Así, continuó la vida en medio de la constante observación para descubrir cualquier nuevo cambio que se presentara. Por un tiempo pareció que la transformación se había estancado pues ya nadie notaba nada más raro en Augusto. Sin embargo un día no se levantó para ir a trabajar y esto preocupó a todos pues si alguien había que nunca teniía pretexto ni motivo para faltar al trabajo, era él.

Pasaron varios días y Gema tuvo que llamar al doctor que antes lo había visto, quien llamó a otros médicos y entre todos no se ponían de acuerdo respecto al padecimiento. En realidad nadie sabía lo que estaba sucediendo:

–se trata de una rara enfermedad que debe estudiarse en el hospital- opinaron al fin en común.

Pero Augusto continuó inflexible en su decisión de no internarse.
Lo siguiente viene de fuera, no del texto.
-- ===== src/Dnssec.antt =====
-- src/zdns/dnssec_types.go: the overall status of a validated response.
pub mod Overall
use zdns.Prelude.{
  ℕ, Bool, true, false, ◌&&◌, ◌||◌, Option, none, some, List, [], ◌∷◌, ◌++◌, ◌==◌, if◌then◌else◌,
  Text, codes,
}
use zdns.Records.{
  Question, DnssecStatus, DnssecPerSetResult, DnssecResult, type_dnskey, type_rrsig, type_ds,
  type_nsec, type_nsec3, type_nsec3param,
}

unfoldable pub is_dnssec_type : ℕ → Bool
is_dnssec_type t =
    t == type_dnskey
    || t == type_rrsig
    || t == type_ds
    || t == type_nsec
    || t == type_nsec3
    || t == type_nsec3param

-- the error of the first bogus set of a section
unfoldable pub first_bogus : List DnssecPerSetResult → Option Text
first_bogus [] = none
first_bogus (x ∷ xs) = elim x.status [
  | DnssecStatus.bogus ↦ some x.error
  | DnssecStatus.secure ↦ first_bogus xs
  | DnssecStatus.insecure ↦ first_bogus xs
  | DnssecStatus.indeterminate ↦ first_bogus xs
]

-- What a loop leaves: the status and the reason so far, and whether the method has returned.
pub record Scan : Type 0 where
  pub returned : Bool
  pub status : DnssecStatus
  pub reason : Text

-- the loop over the answers
unfoldable pub scan_answers : DnssecStatus → Text → List DnssecPerSetResult → Scan
scan_answers status reason [] = record { returned = false; status = status; reason = reason }
scan_answers status reason (x ∷ xs) = elim x.status [
  | DnssecStatus.insecure ↦ record {
    returned = true;
    status = DnssecStatus.bogus;
    reason = codes "answer section is not signed when expected to be";
  }
  | DnssecStatus.indeterminate ↦ scan_answers DnssecStatus.indeterminate x.error xs
  | DnssecStatus.secure ↦ scan_answers status reason xs
  | DnssecStatus.bogus ↦ scan_answers status reason xs
]

-- the body for an indeterminate set: it returns unless the status is still secure
unfoldable pub scan_indeterminate : DnssecStatus → Text → Text → Scan → Scan
scan_indeterminate DnssecStatus.secure reason error rest = rest
scan_indeterminate _ reason error rest = record {
  returned = true;
  status = DnssecStatus.indeterminate;
  reason = error;
}

-- the loop over the sets of the other sections, one section behind the other
unfoldable pub scan_others : DnssecStatus → Text → List DnssecPerSetResult → Scan
unfolding is_dnssec_type scan_indeterminate
scan_others status reason [] = record { returned = false; status = status; reason = reason }
scan_others status reason (x ∷ xs) =
    let rest = scan_others status reason xs in
    if is_dnssec_type x.rrset.type
    then elim x.status [
      | DnssecStatus.insecure ↦ record {
        returned = true;
        status = DnssecStatus.bogus;
        reason = codes "DNSSEC-related RRset is not signed when expected to be";
      }
      | DnssecStatus.indeterminate ↦ scan_indeterminate status reason x.error rest
      | DnssecStatus.secure ↦ rest
      | DnssecStatus.bogus ↦ rest
    ]
    else rest

unfoldable pub populate_status : DnssecResult → DnssecResult
unfolding first_bogus scan_answers scan_others
populate_status r = elim (first_bogus (r.answers ++ r.additionals ++ r.authorities)) [
  | some error ↦ record r { status = DnssecStatus.bogus; reason = error }
  | none ↦
      let first = scan_answers DnssecStatus.secure r.reason r.answers in
      if first.returned
      then record r { status = first.status; reason = first.reason }
      else let second = scan_others first.status first.reason (r.additionals ++ r.authorities) in
        record r { status = second.status; reason = second.reason }
]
–sólo necesito vacaciones y ya mi jefe estuvo de acuerdo en que yo las tome pues hace seis años que no lo hago, reposaré unos días en cama y me repondré, estoy cansado únicamente- les dijo

Con las semanas sus hijos se acostumbraron a no verlo deambular por la casa, aunque echaban de menos sus inspecciones de limpieza por las molestias que les causaban. Llegaban de la escuela e iban a saludarlo y hasta les parecía que se iba encogiendo por efecto de la falta de movimiento. La madre arreglaba la recámara con esmero y trataba de tenerla ventilada e iluminada abriendo las ventanas por las que entraba el sol a raudales. Sin embargo, a poco empezó él a quejarse de que la luz le lastimaba los ojos y las cortinas se cerraron, pero pasados unos días esto fue insuficiente y hubo que poner un grueso cortinaje que no permitiera pasar el mínimo rayo de sol. Ya para entonces Gema tenía que asear el cuarto a la luz de una lámpara que no hiriera la vista de él, quien tampoco permitía que lo tocara.
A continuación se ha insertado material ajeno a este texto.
-- ===== src/Dnssec/Overall.antt =====
-- What the overall status of a response says of the status of each set of records.
use zdns.Prelude.{
  ◌≡◌, ◌≢◌, ◌⊎◌, inl, inr, refl, sym, ap, ◌∙◌, true, false, none, some, List, [], ◌∷◌, ◌++◌, Text,
  arith, All, Option-cases, Bool-cases,
}
use zdns.Records.{DnssecStatus, DnssecPerSetResult, DnssecResult}
use zdns.Dnssec.{
  is_dnssec_type, first_bogus, Scan, scan_answers, scan_indeterminate, scan_others, populate_status,
}

abbrev pub IsNotBogus : DnssecPerSetResult → Type 0
IsNotBogus x = x.status ≢ DnssecStatus.bogus

abbrev pub IsSigned : DnssecPerSetResult → Type 0
IsSigned x = is_dnssec_type x.rrset.type ≡ true → x.status ≢ DnssecStatus.insecure

status-cases :
    (s : DnssecStatus)
    → (s ≡ DnssecStatus.secure)
      ⊎ (s ≡ DnssecStatus.insecure)
      ⊎ (s ≡ DnssecStatus.bogus)
      ⊎ (s ≡ DnssecStatus.indeterminate)
status-cases DnssecStatus.secure = inl refl
status-cases DnssecStatus.insecure = inr (inl refl)
status-cases DnssecStatus.bogus = inr (inr (inl refl))
status-cases DnssecStatus.indeterminate = inr (inr (inr refl))

first_bogus-cons :
    (x : DnssecPerSetResult) (xs : List DnssecPerSetResult)
    → IsNotBogus x
    → first_bogus (x ∷ xs) ≡ first_bogus xs
unfolding first_bogus
first_bogus-cons x xs h = elim (status-cases x.status) [
  | inl e ↦ ground arith
  | inr (inl e) ↦ ground arith
  | inr (inr (inl e)) ↦ absurd (h e)
  | inr (inr (inr e)) ↦ ground arith
]

first_bogus-head :
    (x : DnssecPerSetResult) (xs : List DnssecPerSetResult)
    → x.status ≡ DnssecStatus.bogus
    → first_bogus (x ∷ xs) ≡ some x.error
unfolding first_bogus
first_bogus-head x xs e = ground arith

first_bogus-IsNotBogus : (xs : List DnssecPerSetResult) → All IsNotBogus xs → first_bogus xs ≡ none
unfolding first_bogus
first_bogus-IsNotBogus [] h = refl
first_bogus-IsNotBogus (x ∷ xs) h = first_bogus-cons x xs h.0 ∙ first_bogus-IsNotBogus xs h.1

IsNotBogus-first_bogus : (xs : List DnssecPerSetResult) → first_bogus xs ≡ none → All IsNotBogus xs
IsNotBogus-first_bogus [] h = tt
IsNotBogus-first_bogus (x ∷ xs) h =
    let ne : IsNotBogus x = λ e. let f = first_bogus-head x xs e in cc in
    (ne, IsNotBogus-first_bogus xs (sym (first_bogus-cons x xs ne) ∙ h))

-- the answers, from a status that is not secure
scan_answers_unsure :
    (reason : Text) (xs : List DnssecPerSetResult)
    → (((scan_answers DnssecStatus.indeterminate reason xs).returned ≡ true)
        × ((scan_answers DnssecStatus.indeterminate reason xs).status ≡ DnssecStatus.bogus))
      ⊎ (((scan_answers DnssecStatus.indeterminate reason xs).returned ≡ false)
          × ((scan_answers DnssecStatus.indeterminate reason xs).status
              ≡ DnssecStatus.indeterminate))
unfolding scan_answers
scan_answers_unsure reason [] = inr (refl, refl)
scan_answers_unsure reason (x ∷ xs) = elim (status-cases x.status) [
  | inl e ↦ ground (arith, scan_answers_unsure reason xs)
  | inr (inl e) ↦ ground arith
  | inr (inr (inl e)) ↦ ground (arith, scan_answers_unsure reason xs)
  | inr (inr (inr e)) ↦ ground (arith, scan_answers_unsure x.error xs)
]

-- neither insecure nor indeterminate
abbrev pub IsSure : DnssecPerSetResult → Type 0
IsSure x = (x.status ≢ DnssecStatus.insecure) × (x.status ≢ DnssecStatus.indeterminate)

abbrev pub IsUnsafe : DnssecStatus → Type 0
IsUnsafe s = (s ≡ DnssecStatus.bogus) ⊎ (s ≡ DnssecStatus.indeterminate)

scan_answers_lem :
    (reason : Text) (xs : List DnssecPerSetResult)
    → (((scan_answers DnssecStatus.secure reason xs).returned ≡ false)
        × ((scan_answers DnssecStatus.secure reason xs).status ≡ DnssecStatus.secure)
        × All IsSure xs)
      ⊎ (((scan_answers DnssecStatus.secure reason xs).returned ≡ true)
          × ((scan_answers DnssecStatus.secure reason xs).status ≡ DnssecStatus.bogus)
          × ¬ All IsSure xs)
      ⊎ (((scan_answers DnssecStatus.secure reason xs).returned ≡ false)
          × ((scan_answers DnssecStatus.secure reason xs).status ≡ DnssecStatus.indeterminate)
          × ¬ All IsSure xs)
unfolding scan_answers
scan_answers_lem reason [] = inl (refl, refl, tt)
scan_answers_lem reason (x ∷ xs) = elim (status-cases x.status) [
  | inl e ↦ elim (scan_answers_lem reason xs) [
    | inl (r, s, h) ↦ inl (ground arith, ground arith, ((λ f. cc, λ f. cc), h))
    | inr (inl (r, s, n)) ↦ inr (inl (ground arith, ground arith, λ h. n h.1))
    | inr (inr (r, s, n)) ↦ inr (inr (ground arith, ground arith, λ h. n h.1))
  ]
  | inr (inr (inl e)) ↦ elim (scan_answers_lem reason xs) [
    | inl (r, s, h) ↦ inl (ground arith, ground arith, ((λ f. cc, λ f. cc), h))
    | inr (inl (r, s, n)) ↦ inr (inl (ground arith, ground arith, λ h. n h.1))
    | inr (inr (r, s, n)) ↦ inr (inr (ground arith, ground arith, λ h. n h.1))
  ]
  | inr (inl e) ↦ inr (inl (ground arith, ground arith, λ h. h.0.0 e))
  | inr (inr (inr e)) ↦ elim (scan_answers_unsure x.error xs) [
    | inl (r, s) ↦ inr (inl (ground arith, ground arith, λ h. h.0.1 e))
    | inr (r, s) ↦ inr (inr (ground arith, ground arith, λ h. h.0.1 e))
  ]
]

-- a set that the loop over the other sections passes over while the status is secure
scan_others-cons :
    (reason : Text) (x : DnssecPerSetResult) (xs : List DnssecPerSetResult)
    → IsSigned x
    → scan_others DnssecStatus.secure reason (x ∷ xs) ≡ scan_others DnssecStatus.secure reason xs
unfolding scan_others scan_indeterminate
scan_others-cons reason x xs h = elim (Bool-cases (is_dnssec_type x.rrset.type)) [
  | inr q ↦ ground arith
  | inl q ↦ elim (status-cases x.status) [
    | inl e ↦ ground arith
    | inr (inl e) ↦ absurd (h q e)
    | inr (inr (inl e)) ↦ ground arith
    | inr (inr (inr e)) ↦ ground arith
  ]
]

IsSigned-cases :
    (x : DnssecPerSetResult)
    → IsSigned x ⊎ ((is_dnssec_type x.rrset.type ≡ true) × (x.status ≡ DnssecStatus.insecure))
IsSigned-cases x = elim (Bool-cases (is_dnssec_type x.rrset.type)) [
  | inr q ↦ inl (λ f. absurd cc)
  | inl q ↦ elim (status-cases x.status) [
    | inl e ↦ inl (λ _ f. cc)
    | inr (inl e) ↦ inr (q, e)
    | inr (inr (inl e)) ↦ inl (λ _ f. cc)
    | inr (inr (inr e)) ↦ inl (λ _ f. cc)
  ]
]

scan_others_lem :
    (reason : Text) (xs : List DnssecPerSetResult)
    → (((scan_others DnssecStatus.secure reason xs).status ≡ DnssecStatus.secure) × All IsSigned xs)
      ⊎ (((scan_others DnssecStatus.secure reason xs).status ≡ DnssecStatus.bogus)
          × ¬ All IsSigned xs)
unfolding scan_others
scan_others_lem reason [] = inl (refl, tt)
scan_others_lem reason (x ∷ xs) = elim (IsSigned-cases x) [
  | inr (q, e) ↦ inr (ground arith, λ h. h.0 q e)
  | inl s ↦
      let same = ap (λ (c : Scan). c.status) (scan_others-cons reason x xs s) in
      elim (scan_others_lem reason xs) [
        | inl (e, h) ↦ inl (same ∙ e, (s, h))
        | inr (e, n) ↦ inr (same ∙ e, λ h. n h.1)
      ]
]

scan_others_unsure :
    (reason : Text) (xs : List DnssecPerSetResult)
    → IsUnsafe (scan_others DnssecStatus.indeterminate reason xs).status
unfolding scan_others scan_indeterminate
scan_others_unsure reason [] = inr refl
scan_others_unsure reason (x ∷ xs) = elim (Bool-cases (is_dnssec_type x.rrset.type)) [
  | inr q ↦ ground (arith, scan_others_unsure reason xs)
  | inl q ↦ elim (status-cases x.status) [
    | inl e ↦ ground (arith, scan_others_unsure reason xs)
    | inr (inl e) ↦ inl (ground arith)
    | inr (inr (inl e)) ↦ ground (arith, scan_others_unsure reason xs)
    | inr (inr (inr e)) ↦ inr (ground arith)
  ]
]

-- no set is bogus, those of the answers are sure, and those of DNSSEC types elsewhere are signed
pub record IsSecure (r : DnssecResult) : Type 0 where
  pub not_bogus : All IsNotBogus (r.answers ++ r.additionals ++ r.authorities)
  pub sure : All IsSure r.answers
  pub signed : All IsSigned (r.additionals ++ r.authorities)

-- The overall status is secure exactly if no set is bogus, no set of the answers is insecure or
-- indeterminate, and no set of a DNSSEC type in the other sections is insecure. Otherwise it is bogus
-- or indeterminate, never insecure.
pub populate_status_lem :
    (r : DnssecResult)
    → (((populate_status r).status ≡ DnssecStatus.secure) × IsSecure r)
      ⊎ (IsUnsafe (populate_status r).status × ¬ IsSecure r)
unfolding populate_status
populate_status_lem r =
    elim (Option-cases (first_bogus (r.answers ++ r.additionals ++ r.authorities))) [
      | inr (error, e) ↦ inr (
        inl (ground arith),
        λ h.
            let f =
              first_bogus-IsNotBogus (r.answers ++ r.additionals ++ r.authorities) h.not_bogus in
            cc,
      )
      | inl e ↦ elim (scan_answers_lem r.reason r.answers) [
        | inr (inl (t, s, n)) ↦ inr (inl (ground arith), λ h. n h.sure)
        | inr (inr (t, s, n)) ↦ inr (
          ground (
            arith,
            scan_others_unsure (scan_answers DnssecStatus.secure r.reason r.answers).reason
                (r.additionals ++ r.authorities),
          ),
          λ h. n h.sure,
        )
        | inl (t, s, h) ↦
            elim (scan_others_lem (scan_answers DnssecStatus.secure r.reason r.answers).reason
              (r.additionals ++ r.authorities)) [
                | inl (u, signed) ↦ inl (
                  ground arith,
                  record {
                    not_bogus =
                        IsNotBogus-first_bogus (r.answers ++ r.additionals ++ r.authorities) e;
                    sure = h;
                    signed = signed;
                  },
                )
                | inr (u, n) ↦ inr (inl (ground arith), λ q. n q.signed)
              ]
      ]
    ]

-- A bogus set, in any section, makes the whole bogus, with the error of the first such set.
pub populate_status_bogus :
    (r : DnssecResult) (xs ys : List DnssecPerSetResult) (x : DnssecPerSetResult)
    → r.answers ++ r.additionals ++ r.authorities ≡ xs ++ x ∷ ys
    → All IsNotBogus xs
    → x.status ≡ DnssecStatus.bogus
    → populate_status r ≡ record r { status = DnssecStatus.bogus; reason = x.error }
unfolding populate_status
populate_status_bogus r xs ys x e h b = ground (arith, e, first_bogus-append xs ys x h b)
  where
    first_bogus-append :
        (xs ys : List DnssecPerSetResult) (x : DnssecPerSetResult)
        → All IsNotBogus xs
        → x.status ≡ DnssecStatus.bogus
        → first_bogus (xs ++ x ∷ ys) ≡ some x.error
    first_bogus-append [] ys x h b = first_bogus-head x ys b
    first_bogus-append (z ∷ xs) ys x h b =
        first_bogus-cons z (xs ++ x ∷ ys) h.0 ∙ first_bogus-append xs ys x h.1 b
La casa se convirtió casi en una tumba, no se escuchaban conversaciones en voz alta, ni correteos o risas, ni siquiera los regaños de la madre que antes reprendía las bromas y jóvenes travesuras. Todo estaba invadido por una gran tristeza. El cuarto de Augusto se volvió una especie de santuario en donde sólo su esposa podía entrar.

Había pasado ya un año, desde que empezó a aquejarlo el extraño mal, cuando una mañana en que, como de costumbre, Gema entró a verlo antes de despedir a los chicos para la escuela, se escuchó un grito que los dejó paralizados y corrieron todos, asustados pensando encontrar un horrible espectáculo. Cuando por fin pudieron acostumbrar la vista a la tenue luz de la lámpara, alcanzaron a distinguir, en donde esperaban encontrar a su padre, sólo un montón de polvo esparcido sobre la cama. Yo bien lo sé porque, sin encontrar explicación al suceso, durante mucho tiempo esperé volver a ver a mi padre.

Desde entonces, he comprado ya varios pares de guantes blancos de algodón para cerciorarme de que, siempre que llegue a casa, todo esté bien limpio.